This past week I had the honor and privilege of traveling out to Santa Clara, CA with some of my esteemed colleagues to participate in Networking Field Day 21 on behalf of Network to Code. My contribution to our joint presentation was an overview of the various components that go into building a successful network automation platform. While this was only one section of our overall presentation, the delegates proved to be very engaged with these concepts. At Network to Code, we try not to focus on individual technologies, and instead focus on transformational ideas and workflows which bring value to our clients. To that end, this section dealt with the higher level concepts and components that go into building a successful network automation platform. I want to call out a couple of sections and points here, but be sure to checkout the full video from NFD21 that goes into even more detail and covers other architectural components such as Configuration Management, Orchestration, and Verification & Testing.
The tools and technologies that fall into this section deal with directly exposing interfaces to the automation that we build for the network. These are things like our IT Service Management (ITSM) ticketing applications, but also chat and communication platforms. ChatOps is a term used a lot in the industry and is continuing to pick up steam in network automation. Integrations with chat platforms allow a business to push network data and workflows into channels where conversations are already taking place. Perhaps more importantly, these avenues allow our network automation to be exposed to business stakeholders outside of the networking teams directly.

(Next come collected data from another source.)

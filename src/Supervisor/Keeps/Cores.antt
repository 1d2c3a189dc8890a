-- ===== src/Supervisor/Keeps/Cores.antt =====
-- The operations on runs, descriptors and the live list leave the states, flags and counts alone.
use ninit.Prelude.{
  ℕ, zero, suc, ◌≡◌, refl, ◌∙◌, Bool, false, ◌&&◌, List, [], ◌∷◌, ◌==◌, ltb, if_keeps, arith, inl,
  inr, Bool-cases,
}
use ninit.Graph.{Graph}
use ninit.Supervisor.Sys.{Sys, World, Read, Launch, asked, set_run, is_no_op}
use ninit.Supervisor.Live.{live_add, live_has, live_del}
use ninit.Supervisor.Output.{Sink}
use ninit.Supervisor.Drain.{
  sigkill, signal_group, kill_group, svc_abandon, close_fds, is_idle, maybe_free, put_notes,
  take_sink, drain_read, drain_out,
}
use ninit.Supervisor.Start.{
  clear_retry, clear_retries, bury, retry_later, launch_reset, launch_cgroup, launched, launch,
}

abbrev pub SameCore : Sys → Sys → Type 0
SameCore s t = t.core ≡ s.core

pub live_add-core : (i : ℕ) (s : Sys) → SameCore s (live_add i s)
unfolding live_add
live_add-core i s = refl

pub live_del-core : (i : ℕ) (s : Sys) → SameCore s (live_del i s)
unfolding live_del
live_del-core i s = refl

pub signal_group-core : (w : World) (i sig : ℕ) (s : Sys) → SameCore s (signal_group w i sig s)
unfolding signal_group
signal_group-core w i sig s = ground arith

pub kill_group-core : (w : World) (i : ℕ) (s : Sys) → SameCore s (kill_group w i s)
unfolding kill_group
kill_group-core w i s = signal_group-core w i sigkill s

pub svc_abandon-core : (i : ℕ) (s : Sys) → SameCore s (svc_abandon i s)
unfolding svc_abandon
svc_abandon-core i s = ground arith

pub close_fds-core : (i : ℕ) (s : Sys) → SameCore s (close_fds i s)
unfolding close_fds
close_fds-core i s = refl

pub maybe_free-core : (i : ℕ) (s : Sys) → SameCore s (maybe_free i s)
unfolding maybe_free
maybe_free-core i s =
    if_keeps (SameCore s) (is_idle (s.runs i) && live_has i s) _ _ (λ _. live_del-core i (asked s))
      (λ _. refl)

put_notes-core : (i : ℕ) (ls : List (List ℕ)) (s : Sys) → SameCore s (put_notes i ls s)
unfolding put_notes
put_notes-core i [] s = refl
put_notes-core i (l ∷ ls) s = put_notes-core i ls _

take_sink-core : (i : ℕ) (k : Sink) (s : Sys) → SameCore s (take_sink i k s)
unfolding take_sink
take_sink-core i k s = put_notes-core i k.notes _

drain_read-core :
    (w : World) (i : ℕ) (budgeted : Bool) (s : Sys) → SameCore s (drain_read w i budgeted s).0
unfolding drain_read
drain_read-core w i budgeted s = go (w.read s.tick) refl
  where
    go : (r : Read) → w.read s.tick ≡ r → SameCore s (drain_read w i budgeted s).0
    go (Read.bytes bs) e =
        rw (e, drain_read)
          (if_keeps (SameCore s) budgeted _ _ (λ _. take_sink-core i _ _)
            (λ _. take_sink-core i _ _))
    go Read.interrupted e = rw (e, drain_read) refl
    go Read.again e = rw (e, drain_read) refl
    go Read.closed e = rw (e, drain_read) (take_sink-core i _ _)

pub drain_out-core :
    (w : World) (i chunks : ℕ) (budgeted : Bool) (s : Sys)
    → SameCore s (drain_out w i chunks budgeted s)
unfolding drain_out
drain_out-core w i zero budgeted s = refl
drain_out-core w i (suc chunks) budgeted s = ground (
  arith,
  drain_read-core w i budgeted s,
  drain_out-core w i chunks budgeted (drain_read w i budgeted s).0,
)

pub clear_retry-core : (d : ℕ) (s : Sys) → SameCore s (clear_retry d s)
unfolding clear_retry
clear_retry-core d s = ground (
  arith,
  maybe_free-core d (set_run d (record (s.runs d) { restart_at = 0; stale_hold = false }) s),
)

pub clear_retries-core : (fuel k : ℕ) (s : Sys) → SameCore s (clear_retries fuel k s)
unfolding clear_retries
clear_retries-core zero k s = refl
clear_retries-core (suc fuel) k s = elim (Bool-cases (ltb k s.n_live)) [
  | inl e ↦
      rw (e, clear_retries)
        (clear_retries-core fuel _ (clear_retry (s.live k) s) ∙ clear_retry-core (s.live k) s)
  | inr e ↦ rw (e, clear_retries) refl
]

module _ (g : Graph) (w : World) (i : ℕ) (s : Sys) where
  pub bury-core : SameCore s (bury g w i s)
  unfolding bury
  bury-core =
      let s0 = kill_group w i s in
      let s1 = close_fds i (drain_out w i 64 false s0) in
      let s2 = svc_abandon i (set_run i (record (s1.runs i) { starting = false }) s1) in
      let same : SameCore s s2 =
        svc_abandon-core i _
        ∙ close_fds-core i _
        ∙ drain_out-core w i 64 false s0
        ∙ kill_group-core w i s in
      if_keeps (SameCore s) (live_has i s2 && (s2.runs i).stale_pid == 0 && is_no_op (s2.runs i).op)
        _ _ (λ _. live_del-core i s2 ∙ same) (λ _. same)

  pub retry_later-core : SameCore s (retry_later g w i s)
  unfolding retry_later
  retry_later-core = if_keeps (SameCore s) (live_has i s) _ _ (λ _. refl) (λ _. live_add-core i s)

  launch_cgroup-core : SameCore s (launch_cgroup g w i s)
  unfolding launch_cgroup
  launch_cgroup-core = ground arith

  launched-core : (p : ℕ) → SameCore s (launched g w i p s)
  unfolding launched
  launched-core p = if_keeps (SameCore s) (live_has i _) _ _ (λ _. refl) (λ _. live_add-core i _)

pub launch-core : (g : Graph) (w : World) (i : ℕ) (s : Sys) → SameCore s (launch g w i s).0
unfolding launch launch_reset
launch-core g w i s = go (w.launch s.tick) refl
  where
    go : (l : Launch) → w.launch s.tick ≡ l → SameCore s (launch g w i s).0
    go Launch.no_pipe e = rw (e, launch) refl
    go Launch.no_fork e = rw (e, launch) (launch_cgroup-core g w i _)
    go (Launch.child p) e = rw (e, launch) (launched-core g w i _ p ∙ launch_cgroup-core g w i _)
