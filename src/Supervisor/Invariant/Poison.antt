-- ===== src/Supervisor/Invariant/Poison.antt =====
-- poison and poison_deps (src/state.c) over the spread of a failure (src/fail.c).
use ninit.Prelude.{
  range-below, ℕ, ◌+◌, ◌-◌, ◌≤◌, ◌<◌, ◌≡◌, refl, Bool, ◌&&◌, ◌==◌, List, [], ◌∷◌, arith, All,
  if_keeps, tally, tally-le, update,
}
use ninit.Graph.{Graph, IsWellFormed, dependents}
use ninit.Supervisor.Core.{
  St, skipped, failed, Core, is_running, is_pending, is_done, is_lost, Spread, poison_edge,
  poison_edges, poison_spread, fresh_spread, fail_poison, fail_poison_deps, note_counts,
}
use ninit.Supervisor.Invariant.Defs.{IsCounted}
use ninit.Supervisor.Invariant.Marks.{moved}
use ninit.Supervisor.Invariant.Reclaim.{dependents-below}
use ninit.Supervisor.Invariant.Sound.{flags}

module _ (g : Graph) (wf : IsWellFormed g) (up idle : ℕ → Bool) (r p d : ℕ) where
  -- The counts of a spread account for every state that it changed, from r RUNNING, p PENDING and
  -- d DONE services at its start.
  pub record IsSpread (s : Spread) : Type 0 where
    pub runs : tally is_running g.n_svc s.states + s.waiting ≡ r
    pub pends : tally is_pending g.n_svc s.states + s.count ≡ p + s.waiting
    pub dones : tally is_done g.n_svc s.states + s.undone ≡ d
    pub within : s.waiting ≤ s.count

  module _ (hr : r ≤ g.n_svc) (hp : p ≤ g.n_svc) (hd : d ≤ g.n_svc) where
    poison_edge-IsSpread :
        (i : ℕ) (s : Spread) → i < g.n_svc → IsSpread s → IsSpread (poison_edge g up idle i s)
    unfolding poison_edge
    poison_edge-IsSpread i s l h =
        let small = wf.small in ground (arith, moved g wf.small s.states i skipped l)

    poison_edges-IsSpread :
        (ds : List ℕ) (s : Spread)
        → All (λ i. i < g.n_svc) ds
        → IsSpread s
        → IsSpread (poison_edges g up idle ds s)
    unfolding poison_edges
    poison_edges-IsSpread [] s l h = h
    poison_edges-IsSpread (i ∷ ds) s l h =
        poison_edges-IsSpread ds (poison_edge g up idle i s) l.1 (poison_edge-IsSpread i s l.0 h)

    poison_spread-IsSpread :
        (js : List ℕ) (s : Spread)
        → All (λ i. i < g.n_svc) js
        → IsSpread s
        → IsSpread (poison_spread g up idle js s)
    unfolding poison_spread
    poison_spread-IsSpread [] s l h = h
    poison_spread-IsSpread (j ∷ js) s l h = poison_spread-IsSpread js _ l.1 (
        if_keeps IsSpread (is_lost (s.states j)) _ _
          (λ _. poison_edges-IsSpread (dependents g j) s (dependents-below g wf (λ _. 0) j l.0) h)
          (λ _. h))

module _ (g : Graph) (wf : IsWellFormed g) (idle : ℕ → Bool) (i : ℕ) (c : Core) where
  abbrev pub StartsFrom : (ℕ → St) → Spread → Type 0
  StartsFrom a =
      IsSpread g wf c.up idle (tally is_running g.n_svc a) (tally is_pending g.n_svc a)
        (tally is_done g.n_svc a)

  fresh-StartsFrom : (a : ℕ → St) → StartsFrom a (fresh_spread a)
  fresh-StartsFrom a = record {
    runs = omega arith;
    pends = omega arith;
    dones = omega arith;
    within = omega arith;
  }

  spread-StartsFrom :
      (a : ℕ → St) (js : List ℕ) (s : Spread)
      → All (λ j. j < g.n_svc) js
      → StartsFrom a s
      → StartsFrom a (poison_spread g c.up idle js s)
  spread-StartsFrom a js s =
      poison_spread-IsSpread g wf c.up idle (tally is_running g.n_svc a)
        (tally is_pending g.n_svc a) (tally is_done g.n_svc a) (tally-le is_running g.n_svc a)
        (tally-le is_pending g.n_svc a) (tally-le is_done g.n_svc a) js s

  pub fail_poison-StartsFrom :
      i < g.n_svc → StartsFrom (update c.state i failed) (fail_poison g idle i c)
  unfolding fail_poison
  fail_poison-StartsFrom l =
      spread-StartsFrom _ _ _ (range-below g.n_svc i (g.n_svc - i) (omega arith))
        (fresh-StartsFrom _)

  pub fail_poison_deps-StartsFrom : i < g.n_svc → StartsFrom c.state (fail_poison_deps g idle i c)
  unfolding fail_poison_deps
  fail_poison_deps-StartsFrom l =
      let p = poison_edges g c.up idle (dependents g i) (fresh_spread c.state) in
      let edges : StartsFrom c.state p =
        poison_edges-IsSpread g wf c.up idle _ _ _ (tally-le is_running g.n_svc c.state)
          (tally-le is_pending g.n_svc c.state) (tally-le is_done g.n_svc c.state) (dependents g i)
          _ (dependents-below g wf (λ _. 0) i l) (fresh-StartsFrom c.state) in
      if_keeps (StartsFrom c.state) (p.count == 0 && p.undone == 0) _ _ (λ _. edges)
        (λ _.
          spread-StartsFrom c.state _ p
            (range-below g.n_svc (i + 1) (g.n_svc - (i + 1)) (omega arith)) edges)

  -- skipped_note's arithmetic turns counters that fit `a` into counters that fit the spread.
  pub note_counts-IsCounted :
      (a : ℕ → St) (s : Spread)
      → StartsFrom a s
      → c.n_active ≡ tally is_running g.n_svc a
      → c.n_pending ≡ tally is_pending g.n_svc a
      → c.n_done ≡ tally is_done g.n_svc a
      → IsCounted g (note_counts s c)
  unfolding note_counts
  note_counts-IsCounted a s h ea ep ed =
      let small = wf.small in
      let runs = tally-le is_running g.n_svc a in
      let pends = tally-le is_pending g.n_svc a in
      let dones = tally-le is_done g.n_svc a in
      record { active = omega arith; pending = omega arith; done = omega arith }

  pub note_counts-flags : (s : Spread) → flags (note_counts s c) ≡ flags c
  unfolding note_counts
  note_counts-flags s = refl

If I were to pick a single section in my talk to call out as the most important, it would be this one. In terms of network automation, the industry is not talking about data enough. As with any other vertical in the tech space, data underpins everything we do, and network automation is no different. As the network automation community has grown, so has understanding in the concept of using a Source of Truth (SoT), which is an authoritative system of record for a particular data domain. That last part is key, because we can actually (and realistically do) have multiple sources of truth that do not overlap. For example, our IPAM and DCIM can be different systems because they control different domains of data. This is valid as long as we do not have more than one IPAM or DCIM tool, as this is where the phrase “Single Source of Truth” comes from, not that there is only one total system.
Still though, having many different systems creates problems of its own. At first pass, each system in our network automation toolbox would potentially need to reference many different systems to get the data needed to perform automation. More importantly, this tightly couples the client to the data source and format. To combat this, we strive to implement an aggregation layer between the sources of truth and the systems consuming their data. This aggregation serves a couple of important use cases.
First, it creates a single pane of glass for accessing all of the data from our various authoritative systems, thus allowing our tooling to reference a single place. Second, the aggregator implements a data translation layer which transforms the data coming from each source of true into an abstracted data model. This data model intentionally strips away any features of the data or its structure which make it identifiable with any vendor or source implementation.
In doing so, we segway into the third point, which is that the aggregator interacts with the various source of true systems in a pluggable way. By implementing an adapter, the aggregator understands the data and format coming from an individual source of true and how to transform the data to conform to the abstracted data model. This allows the aggregator to easily implement support for different source of true platforms, such that they can be swapped out at anytime. If you want to switch IPAM vendors, all you have to do is create (or engage with NTC) an adaptor for the aggregator that understands what the data looks like coming out of the new IPAM.
It may seem a bit odd to be talking about monitoring and alerting in the context of network automation, but there is more to what we do than just configuration management. In fact, the core of this topic is centered around the concept of “closed loop automation,” or manufacturing a feedback loop into the automation platform that we build. In the video, you will hear me talk about the automation platform as a stack, and on one side we travel down the stack to the actual network infrastructure, but on the other side, events come out of the network and travel back up the stack. Indeed those events come in the traditional forms of SNMP polling, syslog messages, etc. They can also come in new forms such as time series metrics, and streaming telemetry. We have also revisited the storage and processing layer to implement more modern time series databases which allow for tagging data points with metadata labels which opens the door to more intelligent querying and visualization. Speaking of visualization, we want to empower business stakeholders with network data, and we want to do it in a self service fashion through modern dashboarding tools. Again, this is a case of bringing the network data and workflows to the business.
Back to the storage engine, we need to get those network events out of their monitoring silos, and fed back into the automation platform. We do this with the aid of rules processing engines which assert business logic based on the metadata which is attached to the collected data points. Once the event streams have been plumbed back into our network automation platform, our feedback loop begins to take shape. We can now build automated remediation workflows which allow engineers to focus on actual engineering and architecture, and less on troubleshooting and remediating known, repeated events. In situations where human involvement is needed, the platform can at least collect important context from the network as a form of first level triage, obviating the need for manual data collection and reducing the overall time necessary to respond to network events.
The final topic I want to bring up is the idea that no one network automation platform will ever suit the needs of all networks and organizations. The more important takeaways from this talk are the various components that go into architecting the platform that best suits your needs. It is true that company A may be able to purchase an off the shelf automation product from a vendor and be perfectly happy, while company B may require an entirely custom solution over a longer evolution timeline. In all cases, Network to Code is here to provide training, enablement, and implementation services.